Zum zweiten Mal wollte der Dachauer Musiker Markus Roth seinen Auftritt im italienischen Bistro D’Amato aus Krankheitsgründen nicht mehr verschieben, denn, so gestand er zu Beginn des Konzerts, habe sich unglücklicherweise schon wieder der Halsvirus bei ihm eingenistet. Das führte also zu einem überraschenden Programmwechsel. Aus seinem Soloauftritt Anfang Februar 2011 wurde ein Doppelkonzert mit der Liedermacherin Karin Ruckerbauer, kein Einfall aus der Not heraus, sondern ein Konzertvergnügen mit bayerischen Mundartlieder und Rock 'n' Roll-Klassikern.

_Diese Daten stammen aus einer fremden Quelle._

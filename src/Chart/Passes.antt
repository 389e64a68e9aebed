-- ===== src/Chart/Passes.antt =====
-- Which rendered charts pass scripts/check_chart.py.
use mathlib.Core.Option.{some_inj}
use floodgate.Common.{ℕ, Option, some, List, [], ◌++◌, ◌≡◌, ◌↔◌, refl, ap, ◌∙◌}
use floodgate.Value.{Value}
use floodgate.Portnum.{>>=-eq-some}
use floodgate.Chart.{
  Checker, ChartProblem, non_empty, of_kind, config_problems, deployment_problems, exit_status,
  check_chart,
}
use floodgate.Chart.Kinds.{OnlyOne, of_kind-OnlyOne, OnlyOne-of_kind}
use floodgate.Chart.ConfigMap.{HasConfig, config_problems-none, HasConfig-none}
use floodgate.Chart.Deployment.{
  IsRolledSafely, append-none, deployment_problems-none, IsRolledSafely-none,
}

-- What the check asks of the documents.
pub record IsSafeChart (checker : Checker) (input : Option (List Value)) : Type 0 where
  pub docs : List Value
  pub config_map : Value
  pub deployment : Value
  pub parses : input ≡ some docs
  pub one_config : OnlyOne "ConfigMap" config_map docs
  pub one_deployment : OnlyOne "Deployment" deployment docs
  pub has_config : HasConfig checker config_map
  pub is_rolled_safely : IsRolledSafely checker deployment

exit_none :
    (ps : List ChartProblem)
    → ◌≡◌ {A = ℕ × List ChartProblem} (exit_status ps, ps) (0, [])
    → ps ≡ []
exit_none ps h = ap (λ (p : ℕ × List ChartProblem). p.1) h

check_chart-IsSafeChart :
    (checker : Checker) (input : Option (List Value))
    → check_chart checker input ≡ some (0, [])
    → IsSafeChart checker input
unfolding check_chart
check_chart-IsSafeChart checker input h =
    let (docs, e1, h1) = >>=-eq-some input _ h in
    let (cms, e2, h2) = >>=-eq-some (of_kind "ConfigMap" (non_empty docs)) _ h1 in
    let (ds, e3, h3) = >>=-eq-some (of_kind "Deployment" (non_empty docs)) _ h2 in
    let (ps, e4, h4) = >>=-eq-some (config_problems checker cms) _ h3 in
    let (qs, e5, h5) = >>=-eq-some (deployment_problems checker ds) _ h4 in
    let (p, q) = append-none ps qs (exit_none (ps ++ qs) (some_inj.0 h5)) in
    let (cm, (is_cm, config)) = config_problems-none checker cms (e4 ∙ ap some p) in
    let (d, (is_d, rolls)) = deployment_problems-none checker ds (e5 ∙ ap some q) in
    record {
      docs = docs;
      config_map = cm;
      deployment = d;
      parses = e1;
      one_config = of_kind-OnlyOne "ConfigMap" cm docs (e2 ∙ ap some is_cm);
      one_deployment = of_kind-OnlyOne "Deployment" d docs (e3 ∙ ap some is_d);
      has_config = config;
      is_rolled_safely = rolls;
    }

IsSafeChart-check_chart :
    (checker : Checker) (input : Option (List Value))
    → IsSafeChart checker input
    → check_chart checker input ≡ some (0, [])
unfolding check_chart
IsSafeChart-check_chart checker input c =
    rw
      (
        c.parses,
        OnlyOne-of_kind "ConfigMap" c.config_map c.one_config,
        OnlyOne-of_kind "Deployment" c.deployment c.one_deployment,
        HasConfig-none checker c.config_map c.has_config,
        IsRolledSafely-none checker c.deployment c.is_rolled_safely,
      )
      refl

-- The check ends with status 0 and no problem exactly if standard input parses, every document that
-- is not empty has a kind, there is one ConfigMap, whose config.yaml is a text that load_config accepts, and one
-- Deployment, whose pod template carries the checksum annotation and whose maxUnavailable is the
-- integer 0, false or a float 0.0.
pub check_chart-passes_iff :
    (checker : Checker) (input : Option (List Value))
    → (check_chart checker input ≡ some (0, [])) ↔ IsSafeChart checker input
check_chart-passes_iff checker input =
    (check_chart-IsSafeChart checker input, IsSafeChart-check_chart checker input)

Auszug aus dem Debüt-Album „Lust auf Leben“ von Karin Ruckerbauer

Die aus dem Norden von München stammende Sängerin ist eine „Geschichtensammlerin und eine Bauchmusikern“. So bezeichnet sich die Religionspädagogin selbst. Das heißt, sie beobachtet ihre Umwelt genau und schaut zugleich auch kritisch in sich selbst hinein. Diese Kombination bringt vor allem eines hervor: Lieder mit viel Gefühl. Einen Auszug aus ihrem Debüt-Album „Lust aufs Leben“ stellte sie den Gästen im Bistro D‘Amato vor.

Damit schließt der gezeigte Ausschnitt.